Researchers found that the choice and implementation of a ranking method can lead to different outcomes even when using the same crowdsourced data on model performance. Based on these findings, they developed guidelines for improving how leaderboards represent AI models’ true capabilities.
“Large companies keep announcing newer and larger gen AI models, but how do you know which model is truly the best if your evaluation methods aren’t accurate or well studied?” said Lingjia Tang, associate professor of computer science and engineering and a co-corresponding author of the study.
“Society is increasingly interested in adopting this technology. To do that effectively, we need robust methods to evaluate AI for a variety of use cases. Our study identifies what makes an effective AI ranking system, and provides guidelines on when and how to use them.”
Evaluating generative AI models is challenging because assessments of their outputs can be subjective. While some leaderboards measure accuracy on specific tasks with clear answers, others like Chatbot Arena focus on open-ended output by asking people to compare responses from two random models without knowing which is which. These preferences are then stored in a database for ranking.
However, leaderboard rankings may depend heavily on how these systems are set up. For example, Chatbot Arena previously used Elo—a system popular in chess—that allows users to adjust how much wins or losses affect rankings. But settings that work for athletes may not suit AI models, since AIs don’t change over time like human competitors.

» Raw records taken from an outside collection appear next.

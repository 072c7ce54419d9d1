-- ===== src/Platform/Http.antt =====
-- The HTTP middlewares of the platform (platform/pkg/ratelimit/middleware.go,
-- platform/pkg/tracing/middleware.go).
use rocket_factory.Prelude.{ℕ, zero, suc, String, str_eq, if◌then◌else◌, Result, ok, err, panic}
use rocket_factory.Prelude.Action.{Action}
use rocket_factory.Session.{Context}

-- `limited` is the answer 429, and `allow` the limiter's Allow, which gives how many requests it allows
-- for a path, under the limit that the middleware was made with.
module _ {E F W A : Type 0} (limited : E) (allow : String → Action F W ℕ) where
  abbrev pub after_allow : Action E W A → Result F ℕ × W → Result E A × W
  after_allow next (err e, w) = next w
  after_allow next (ok zero, w) = (err limited, w)
  after_allow next (ok (suc n), w) = next w
  after_allow next (panic, w) = (panic, w)

  -- The handler of Middleware.
  unfoldable pub rate_limit : String → Action E W A → Action E W A
  rate_limit path next w = after_allow next (allow path w)

-- TraceIDMiddleware; `trace_id` is the text of the trace identifier of a context, and `set_header` writes
-- a header of the response.
unfoldable pub trace_id_middleware :
    {E W A : Type 0}
    → (Context → String)
    → (String → String → W → W)
    → Context
    → Action E W A
    → Action E W A
trace_id_middleware trace_id set_header ctx next w =
    if str_eq (trace_id ctx) "" then next w else next (set_header "X-Trace-ID" (trace_id ctx) w)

“In chess and sport matches, there’s a logical order of games that proceed as the players’ skills change over their careers. But AI models don’t change between releases, and they can instantly and simultaneously play many games,” said Roland Daynauth, U-M doctoral student in computer science and engineering and the study’s first author.

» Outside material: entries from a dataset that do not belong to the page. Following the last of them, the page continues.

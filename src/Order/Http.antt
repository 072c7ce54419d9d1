-- ===== src/Order/Http.antt =====
-- The chain that an HTTP request of the order service passes (order/internal/app/app.go).
mod Tests
use rocket_factory.Prelude.{
  ℕ, zero, suc, String, ◌≡◌, ◌≢◌, refl, Bool, Bool-cases, true, false, inl, inr, Option, some,
  str_eq, if◌then◌else◌, Result, ok, err, panic, UuidCodec, arith,
}
use rocket_factory.Prelude.Action.{Action}
use rocket_factory.Session.{Context, auth_middleware, header_token}
use rocket_factory.Session.Travel.{Admits, auth_middleware-Admits}
use rocket_factory.Platform.Http.{rate_limit, after_allow, trace_id_middleware}

module _ {W : Type 0} (trace_id : Context → String) (set_header : String → String → W → W) where
  -- What a request has gone through before it is authenticated.
  abbrev pub before_auth : Context → W → W
  before_auth ctx w =
      if str_eq (trace_id ctx) "" then w else set_header "X-Trace-ID" (trace_id ctx) w

  traced :
      {E A : Type 0} (ctx : Context) (next : Action E W A) (w : W)
      → trace_id_middleware trace_id set_header ctx next w ≡ next (before_auth ctx w)
  unfolding trace_id_middleware
  traced ctx next w = elim (Bool-cases (str_eq (trace_id ctx) "")) [
    | inl none_set ↦ rw none_set refl
    | inr set ↦ rw set refl
  ]

not_zero : {F : Type 0} (n : ℕ) → ◌≡◌ {A = Result F ℕ} (ok (suc n)) (ok 0) → ⊥
not_zero n h = let same : suc n ≡ 0 = cc in absurd (omega (arith, same))

module _ (codec : UuidCodec) {E F W A : Type 0} (limited refused : E)
    (allow : String → Action F W ℕ) (trace_id : Context → String)
    (set_header : String → String → W → W) (whoami : ℕ → Action E W (ℕ × ℕ)) where
  -- The handler that initHTTPServer builds around the router, without the metrics of otelhttp.
  unfoldable pub http_handler : Context → String → String → (Context → Action E W A) → Action E W A
  http_handler ctx path auth_header router = rate_limit limited allow path (
      trace_id_middleware trace_id set_header ctx
        (auth_middleware codec refused whoami ctx auth_header router))

  -- A request that is answered was not over the limit, and its bearer token is a session that IAM
  -- confirmed, with the user for whom the router ran: also where the limiter is down, nobody gets past
  -- the authentication.
  pub http_handler-Admits :
      (ctx : Context) (path auth_header : String) (router : Context → Action E W A) (w : W) {a : A}
      {w' : W}
      → http_handler ctx path auth_header router w ≡ (ok a, w')
      → ((allow path w).0 ≢ ok 0)
        × Admits codec refused whoami
            (header_token codec auth_header)
            ctx
            router
            (before_auth trace_id set_header ctx (allow path w).1)
            a
            w'
  unfolding http_handler rate_limit
  http_handler-Admits ctx path auth_header router w {a} {w'} h = passed (allow path w) h
    where
      passed :
          (q : Result F ℕ × W)
          → after_allow limited allow
              (trace_id_middleware trace_id set_header ctx
                (auth_middleware codec refused whoami ctx auth_header router))
              q
            ≡ (ok a, w')
          → (q.0 ≢ ok 0)
            × Admits codec refused whoami
                (header_token codec auth_header)
                ctx
                router
                (before_auth trace_id set_header ctx q.1)
                a
                w'
      passed (ok zero, v) e = cc
      passed (panic, v) e = cc
      passed (ok (suc n), v) e = (
        λ same. absurd (not_zero n same),
        auth_middleware-Admits codec refused whoami ctx auth_header router
            (before_auth trace_id set_header ctx v)
            (rw
              (traced trace_id set_header ctx
                (auth_middleware codec refused whoami ctx auth_header router) v)
              at e),
      )
      passed (err f, v) e = (
        λ same. cc,
        auth_middleware-Admits codec refused whoami ctx auth_header router
            (before_auth trace_id set_header ctx v)
            (rw
              (traced trace_id set_header ctx
                (auth_middleware codec refused whoami ctx auth_header router) v)
              at e),
      )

To test each rating system’s effectiveness, researchers analyzed portions of two crowdsourced datasets—one from Chatbot Arena—and checked whether each system’s rankings matched actual win rates in withheld data. They also evaluated sensitivity to user settings and logical consistency across pairwise comparisons: if A beats B and B beats C, then A should outrank C.
The Glicko system—used in e-sports—produced the most consistent results when comparisons were uneven among models. Other systems like Bradley-Terry (adopted by Chatbot Arena in December 2023) could also be accurate but only when all models had an equal number of head-to-head matchups; otherwise, they might favor newer entrants unfairly.

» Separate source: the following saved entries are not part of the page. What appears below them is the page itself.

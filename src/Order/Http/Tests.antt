-- ===== src/Order/Http/Tests.antt =====
-- The theorem on the chain of a request at a concrete one.
use rocket_factory.Prelude.{
  ℕ, String, ◌≡◌, ◌≢◌, refl, Option, none, some, ◌==◌, if◌then◌else◌, ok, err,
}
use rocket_factory.Prelude.Unary.{unary}
use rocket_factory.Prelude.Action.{Action}
use rocket_factory.Session.{Context, auth_middleware, header_token}
use rocket_factory.Session.Travel.{Admits}
use rocket_factory.Platform.Http.{rate_limit, trace_id_middleware}
use rocket_factory.Order.Http.{http_handler, before_auth, http_handler-Admits}

abbrev nobody : Context
nobody = record { user_uuid = none; session_uuid = none }

-- The world is how many requests were asked about; the limiter is down from the start.
abbrev down : String → Action ℕ ℕ ℕ
down path n = (err 1, n)

abbrev iam : ℕ → Action ℕ ℕ (ℕ × ℕ)
iam s n = if s == 3 then (ok (5, 3), n) else (err 404, n)

abbrev untraced : Context → String
untraced ctx = ""

abbrev unset : String → String → ℕ → ℕ
unset k v n = n

abbrev whose : Context → Action ℕ ℕ (Option ℕ)
whose ctx n = (ok ctx.user_uuid, n)

http_run :
    http_handler unary 429 401 down untraced unset iam nobody "/api" "Bearer ||||" whose 0
    ≡ (ok (some 5), 0)
unfolding http_handler rate_limit trace_id_middleware auth_middleware
http_run = refl

http_handler-Admits_example :
    ((down "/api" 0).0 ≢ ok 0)
    × Admits unary 401 iam
        (header_token unary "Bearer ||||")
        nobody
        whose
        (before_auth untraced unset nobody (down "/api" 0).1)
        (some 5)
        0
http_handler-Admits_example =
    http_handler-Admits unary 429 401 down untraced unset iam nobody "/api" "Bearer ||||" whose 0
      http_run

“Just because a model comes onto the scene and beats a grandmaster doesn’t necessarily mean it’s the best model. You need many, many games to know what the truth is,” said Jason Mars, U-M associate professor of computer science and engineering and a co-corresponding author of the study.
Elo-based rankings—as well as Markov Chains (used by Google for web search)—were highly dependent on user configuration choices. In contrast, Bradley-Terry lacks adjustable settings but works best with balanced datasets where every model has faced every other model equally often.
“There’s no single right answer, so hopefully our analysis will help guide how we evaluate the AI industry moving forward,” Tang said.
The research was supported by funding from the National Science Foundation.